Dinginnya angin malam bahkan menusuk dan menembus pori-poriku.

“Kau lelaki yang kuat,” ucap perempuan itu sembari tersenyum lagi. “Tidurlah di sini,
ombak tidak akan memelukmu.”
“Kau cerewet sekali,” sindirku. Perempuan itu masih saja tersenyum bahkan ketika aku
menyindirnya.

Mataku mulai terpejam. Sedikit demi sedikit aku merasa terbuai dengan angin malam
yang dingin itu. Entah pukul berapa sekarang, Nyanyian alam membuatku lupa segalanya dan
ingin segera mengistirahatkan raga dan mentalku.

“Aku ingin kau menemukan kebahagian.

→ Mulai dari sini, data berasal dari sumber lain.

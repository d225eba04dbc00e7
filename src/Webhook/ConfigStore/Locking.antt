-- ===== src/Webhook/ConfigStore/Locking.antt =====
-- The lock of internal/webhook/v1/config_store.go: an update in its steps, interleaved with any
-- number of readers. `Update` holds the write lock from its first line to its return, and
-- `GetConfigAndMutators` reads both fields under the read lock.
use tekton_kueue.Base.{
  ℕ, suc, ◌<◌, String, none, some, ◌≡◌, refl, sym, ◌∙◌, ap, ◌⊎◌, inl, inr, arith, Error,
  some-ne-none,
}
use mathlib.Core.Path.{subst}
use tekton_kueue.Metrics.{Metrics}
use tekton_kueue.Webhook.ConfigStore.{ConfigStore, empty_store, Libraries, update}
use tekton_kueue.Webhook.ConfigStore.Update.{IsGood, kept, swapped, update-IsUpdated}

-- Where the writer stands: outside, at work on a text, or between the two assignments that swap
-- in the store `t`.
pub data Writer : Type 0 where
  outside : Writer
  locked : String → Metrics → Writer
  half_way : String → ConfigStore → Writer

pub record System : Type 0 where
  pub store : ConfigStore
  pub writer : Writer
  pub readers : ℕ

abbrev pub start : System
start = record { store = empty_store; writer = outside; readers = 0 }

module _ (L : Libraries) where
  pub data Step (x y : System) : Type 0 where
    -- `s.mu.Lock()`
    lock :
        (raw : String) (m : Metrics)
        → x.writer ≡ outside
        → x.readers ≡ 0
        → y ≡ record x { writer = locked raw m }
        → Step x y
    -- an early return, and its deferred `Unlock`
    give_up :
        (raw : String) (m : Metrics) (e : Error)
        → x.writer ≡ locked raw m
        → (update L x.store raw m).error ≡ some e
        → y ≡ record x { writer = outside }
        → Step x y
    -- `s.mutators = mutators`
    set_mutators :
        (raw : String) (m : Metrics)
        → x.writer ≡ locked raw m
        → (update L x.store raw m).error ≡ none
        → y ≡ record x {
          store = record (x.store) { mutators = (update L x.store raw m).store.mutators };
          writer = half_way raw (update L x.store raw m).store;
        }
        → Step x y
    -- `s.config = &cfg`, and the deferred `Unlock`
    set_config :
        (raw : String) (t : ConfigStore)
        → x.writer ≡ half_way raw t
        → y ≡ record x { store = record (x.store) { config = t.config }; writer = outside }
        → Step x y
    -- `s.mu.RLock()` and `s.mu.RUnlock()`
    read_lock : x.writer ≡ outside → y ≡ record x { readers = suc x.readers } → Step x y
    read_unlock : (n : ℕ) → x.readers ≡ suc n → y ≡ record x { readers = n } → Step x y

  pub data Reach (x : System) : System → Type 0 where
    here : Reach x x
    next : {y z : System} → Reach x y → Step y z → Reach x z

  -- The store is empty, or the store of one good text, configuration and mutators both.
  abbrev pub IsConsistent : ConfigStore → Type 0
  IsConsistent s = (s ≡ empty_store) ⊎ ((raw : String) × IsGood L raw s)

  abbrev IsSafeAt : ConfigStore → ℕ → Writer → Type 0
  IsSafeAt s readers outside = IsConsistent s
  IsSafeAt s readers (locked raw m) = IsConsistent s × (readers ≡ 0)
  IsSafeAt s readers (half_way raw t) = (s.mutators ≡ t.mutators) × IsGood L raw t × (readers ≡ 0)

  abbrev IsSafe : System → Type 0
  IsSafe x = IsSafeAt x.store x.readers x.writer

  update-IsGood :
      (s : ConfigStore) (raw : String) (m : Metrics)
      → (update L s raw m).error ≡ none
      → IsGood L raw (update L s raw m).store
  update-IsGood s raw m h = elim (update-IsUpdated L s raw m) [
    | kept e bad same ↦ absurd (some-ne-none (sym (ap (λ u. u.error) same) ∙ h))
    | swapped t good same ↦ subst (IsGood L raw) (sym (ap (λ u. u.store) same)) good
  ]

  IsSafeAt-fewer :
      (s : ConfigStore) (n r : ℕ) (w : Writer) → r ≡ suc n → IsSafeAt s r w → IsSafeAt s n w
  IsSafeAt-fewer s n r outside e h = h
  IsSafeAt-fewer s n r (locked raw m) e h = absurd (omega arith)
  IsSafeAt-fewer s n r (half_way raw t) e h = absurd (omega arith)

  Step-IsSafe : {x y : System} → Step x y → IsSafe x → IsSafe y
  Step-IsSafe {x} (lock raw m w r e) s =
      subst IsSafe (sym e) (subst (IsSafeAt x.store x.readers) w s, r)
  Step-IsSafe {x} (give_up raw m x' w u e) s =
      subst IsSafe (sym e) (subst (IsSafeAt x.store x.readers) w s).0
  Step-IsSafe {x} (set_mutators raw m w u e) s =
      subst IsSafe (sym e)
        (refl, update-IsGood x.store raw m u, (subst (IsSafeAt x.store x.readers) w s).1)
  Step-IsSafe {x} (set_config raw t w e) s =
      let (same, good, _) = subst (IsSafeAt x.store x.readers) w s in
      subst IsSafe (sym e) (
        inr (
          raw,
          subst (IsGood L raw) (ap (λ ms. record { config = t.config; mutators = ms }) (sym same))
              good,
        ))
  Step-IsSafe {x} (read_lock w e) s =
      subst IsSafe (sym e)
        (subst (IsSafeAt x.store (suc x.readers)) (sym w) (subst (IsSafeAt x.store x.readers) w s))
  Step-IsSafe {x} (read_unlock n r e) s =
      subst IsSafe (sym e) (IsSafeAt-fewer x.store n x.readers x.writer r s)

  Reach-IsSafe : {x y : System} → IsSafe x → Reach x y → IsSafe y
  Reach-IsSafe s here = s
  Reach-IsSafe s (next r st) = Step-IsSafe st (Reach-IsSafe s r)

  IsConsistent-of_readers :
      (s : ConfigStore) (r : ℕ) (w : Writer)
      → 0 < r
      → IsSafeAt s r w
      → IsConsistent s × (w ≡ outside)
  IsConsistent-of_readers s r outside h safe = (safe, refl)
  IsConsistent-of_readers s r (locked raw m) h safe = absurd (omega arith)
  IsConsistent-of_readers s r (half_way raw t) h safe = absurd (omega arith)

  -- In every interleaving that starts with the empty store, a reader that holds the lock sees the
  -- empty store, or configuration and mutators of one and the same good text; no update is under
  -- way at that moment.
  pub readers-IsConsistent :
      (x : System) → Reach start x → 0 < x.readers → IsConsistent x.store × (x.writer ≡ outside)
  readers-IsConsistent x r h =
      IsConsistent-of_readers x.store x.readers x.writer h (Reach-IsSafe (inl refl) r)
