-- ===== src/Webhook/ConfigStore/Serial.antt =====
-- The interleavings under the lock are sequences of whole updates, and no update waits for another
-- step once it holds the lock.
use mathlib.Core.Path.{subst}
use tekton_kueue.Base.{
  ℕ, ◌<◌, String, some, List, [], ◌∷◌, ◌++◌, ◌≡◌, ◌≢◌, refl, sym, ap, ◌∙◌, inl, inr, arith, Error,
  Result-cases, Option-cases, some-ne-none,
}
use tekton_kueue.Metrics.{Metrics, no_metrics}
use tekton_kueue.Webhook.ConfigStore.{
  ConfigStore, empty_store, Libraries, parse_config, build_mutators, validate_config, swap_in,
  update_parsed, update,
}
use tekton_kueue.Webhook.ConfigStore.Update.{run_updates, kept, swapped, update-IsUpdated}
use tekton_kueue.Webhook.ConfigStore.Locking.{
  Writer, outside, locked, half_way, System, start, Step, lock, give_up, set_mutators, set_config,
  read_lock, read_unlock, Reach, here, next,
}

module _ (L : Libraries) where
  -- The store that an update leaves does not depend on the counters.
  update-metrics :
      (s : ConfigStore) (raw : String) (m n : Metrics)
      → (update L s raw m).store ≡ (update L s raw n).store
  unfolding update
  update-metrics s raw m n = elim (Result-cases (parse_config L raw)) [
    | inr (e, p) ↦ rw (p, update_parsed) refl
    | inl (cfg, p) ↦ elim (Option-cases (validate_config cfg)) [
      | inr (e, v) ↦ rw (p, v, update_parsed) refl
      | inl v ↦ elim (Result-cases (build_mutators L cfg.expressions)) [
        | inr (e, b) ↦ rw (p, v, b, update_parsed, swap_in) refl
        | inl (ms, b) ↦ rw (p, v, b, update_parsed, swap_in) refl
      ]
    ]
  ]

  update-kept :
      (s : ConfigStore) (raw : String) (m : Metrics) (e : Error)
      → (update L s raw m).error ≡ some e
      → (update L s raw m).store ≡ s
  update-kept s raw m e h = elim (update-IsUpdated L s raw m) [
    | kept x bad same ↦ ap (λ u. u.store) same
    | swapped t good same ↦ absurd (some-ne-none (sym h ∙ ap (λ u. u.error) same))
  ]

  run_updates-append :
      (s : ConfigStore) (raws : List String) (raw : String) (m n : Metrics)
      → run_updates L s (raws ++ (raw ∷ [])) m ≡ (update L (run_updates L s raws m) raw n).store
  run_updates-append s [] raw m n = update-metrics s raw m n
  run_updates-append s (r ∷ raws) raw m n =
      run_updates-append (update L s r m).store raws raw (update L s r m).metrics n

  -- The store after whole updates, one after the other.
  abbrev pub serial : List String → ConfigStore
  serial raws = run_updates L empty_store raws no_metrics

  serial-append :
      (raws : List String) (raw : String) (m : Metrics) (s : ConfigStore)
      → s ≡ serial raws
      → serial (raws ++ (raw ∷ [])) ≡ (update L s raw m).store
  serial-append raws raw m s e =
      run_updates-append empty_store raws raw no_metrics m
      ∙ ap (λ t. (update L t raw m).store) (sym e)

  -- The texts of the updates that have got the lock, in this order.
  abbrev pub begun_by : {x y : System} → Step L x y → List String → List String
  begun_by (lock raw m w r e) raws = raws ++ (raw ∷ [])
  begun_by (give_up raw m x' w u e) raws = raws
  begun_by (set_mutators raw m w u e) raws = raws
  begun_by (set_config raw t w e) raws = raws
  begun_by (read_lock w e) raws = raws
  begun_by (read_unlock n r e) raws = raws

  abbrev pub begun : {x y : System} → Reach L x y → List String
  begun here = []
  begun (next reach step) = begun_by step (begun reach)

  -- An update under way is the last of those that have begun; the others are done.
  abbrev IsSerialAt : ConfigStore → List String → Writer → Type 0
  IsSerialAt s raws outside = s ≡ serial raws
  IsSerialAt s raws (locked raw m) =
      (before : List String) × (raws ≡ before ++ (raw ∷ [])) × (s ≡ serial before)
  IsSerialAt s raws (half_way raw t) = (t ≡ serial raws) × (s.mutators ≡ t.mutators)

  abbrev IsSerial : System → List String → Type 0
  IsSerial x raws = IsSerialAt x.store raws x.writer

  gave_up :
      (s : ConfigStore) (raws : List String) (raw : String) (m : Metrics) (e : Error)
      → (update L s raw m).error ≡ some e
      → IsSerialAt s raws (locked raw m)
      → s ≡ serial raws
  gave_up s raws raw m e h (before, same, done) =
      sym (update-kept s raw m e h) ∙ sym (serial-append before raw m s done) ∙ ap serial (sym same)

  set_half_way :
      (s : ConfigStore) (raws : List String) (raw : String) (m : Metrics)
      → IsSerialAt s raws (locked raw m)
      → IsSerialAt
          (record s { mutators = (update L s raw m).store.mutators })
          raws
          (half_way raw (update L s raw m).store)
  set_half_way s raws raw m (before, same, done) =
      (sym (ap serial same ∙ serial-append before raw m s done), refl)

  set_whole :
      (s t : ConfigStore) (raws : List String) (raw : String)
      → IsSerialAt s raws (half_way raw t)
      → record s { config = t.config } ≡ serial raws
  set_whole s t raws raw (done, same) =
      (λ i. record { config = t.config; mutators = same i }) ∙ done

  Step-IsSerial :
      {x y : System} (step : Step L x y) (raws : List String)
      → IsSerial x raws
      → IsSerial y (begun_by step raws)
  Step-IsSerial {x} (lock raw m w r e) raws h =
      subst (λ y. IsSerial y (raws ++ (raw ∷ []))) (sym e)
        (raws, refl, subst (IsSerialAt x.store raws) w h)
  Step-IsSerial {x} (give_up raw m x' w u e) raws h =
      subst (λ y. IsSerial y raws) (sym e)
        (gave_up x.store raws raw m x' u (subst (IsSerialAt x.store raws) w h))
  Step-IsSerial {x} (set_mutators raw m w u e) raws h =
      subst (λ y. IsSerial y raws) (sym e)
        (set_half_way x.store raws raw m (subst (IsSerialAt x.store raws) w h))
  Step-IsSerial {x} (set_config raw t w e) raws h =
      subst (λ y. IsSerial y raws) (sym e)
        (set_whole x.store t raws raw (subst (IsSerialAt x.store raws) w h))
  Step-IsSerial {x} (read_lock w e) raws h = subst (λ y. IsSerial y raws) (sym e) h
  Step-IsSerial {x} (read_unlock n r e) raws h = subst (λ y. IsSerial y raws) (sym e) h

  Reach-IsSerial_lem : {x : System} (reach : Reach L start x) → IsSerial x (begun reach)
  Reach-IsSerial_lem here = refl
  Reach-IsSerial_lem (next reach step) = Step-IsSerial step (begun reach) (Reach-IsSerial_lem reach)

  -- The steps that the writer has before it.
  abbrev pub steps_left : Writer → ℕ
  steps_left outside = 0
  steps_left (locked raw m) = 2
  steps_left (half_way raw t) = 1

  -- The writer can go on at once, and comes nearer to its return.
  abbrev pub CanGoOn : System → Type 0
  CanGoOn x = (y : System) × Step L x y × (steps_left y.writer < steps_left x.writer)

  CanGoOn-at :
      (s : ConfigStore) (w : Writer) (n : ℕ)
      → w ≢ outside
      → CanGoOn (record { store = s; writer = w; readers = n })
  CanGoOn-at s outside n h = absurd (h refl)
  CanGoOn-at s (half_way raw t) n h = (_, set_config raw t refl refl, omega arith)
  CanGoOn-at s (locked raw m) n h = elim (Option-cases (update L s raw m).error) [
    | inl fine ↦ (_, set_mutators raw m refl fine refl, omega arith)
    | inr (e, failed) ↦ (_, give_up raw m e refl failed refl, omega arith)
  ]

  -- In every interleaving that starts with the empty store: whenever no update is under way, the store is
  -- that of whole updates with the texts that have got the lock, one after the other in that order; and
  -- an update under way can always take its next step, of which it has at most two.
  pub Reach-IsSerial :
      {x : System} (reach : Reach L start x)
      → (x.writer ≡ outside → x.store ≡ serial (begun reach)) × (x.writer ≢ outside → CanGoOn x)
  Reach-IsSerial {x} reach = (
    λ w. subst (IsSerialAt x.store (begun reach)) w (Reach-IsSerial_lem reach),
    λ h. CanGoOn-at x.store x.writer x.readers h,
  )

Jika ada masalah, hadapilah, jangan pernah lari
atau melakukan hal-hal bodoh karena bisa saja kau menyakiti orang lain, bukan hanya dirimu
sendiri. Istirahatlah. Kelak kau akan temukan kebahagian. Jangan lupa bersyukur.”

Suara itu menenangkan. Lembut daripada segala kelembutan yang ada di muka bumi.
Lebih lembut dari sinar mentari pagi ataupun angin di saat senja menyapa kala sore. Bagaikan
lullaby yang membuat tidurmu lelap. Perempuan itu benar-benar menyihirku. Sekarang mulai
kurapikan meja masalahku, menyusunnya, lalu menyelesaikannya satu per satu.

Diriku tenang, lalu tertidur lelap setelah apa yang kulalui malam ini.

***

Pagi hadir dengan kehangatannya. Perasaanku tenang tanpa beban. Kini kakiku siap
melangkah menghadapi semuanya. Aku bangun dari tidurku dan mencari gadis semalam yang
menyelamatkanku dari tindakan terbodoh yang pernah aku lakukan.

Bodoh. Aku mengutuk diriku sendiri.

Kakiku berjalan menyusuri garis pantai. Menikmati suara kapal-kapal nelayan tanpa
nakhoda yang sudah siap berlabuh mencari ikan. Meresapi harmoni alam yang tersusun kala pagi
menyingsing. Kicauan burung, debur ombak, semilir angin, dan suara keramaian yang tak jauh
dari tempatku menjadi satu nada yang indah. Sebentar saja aku melupakan gadis itu. Tidak. Aku
tidak boleh melupakannya.

Aku menuju ke keramaian nelayan. Mereka melingkari sesuatu yang tak kuketahui.
Sedikit lagi aku sampai dikerumunan itu, sirine ambulans terdengar dari arah jalan. Ambulans itu
telah ada di sana sejak tadi. Kerumunan itu perlahan terbuka dan kulihat seorang gadis yang
kukenal semalam diangkut menggunakan kantong mayat yang sedikit terbuka, seolah ingin aku
tuk melihat wajahnya yang teduh nan manis. Aku berduka.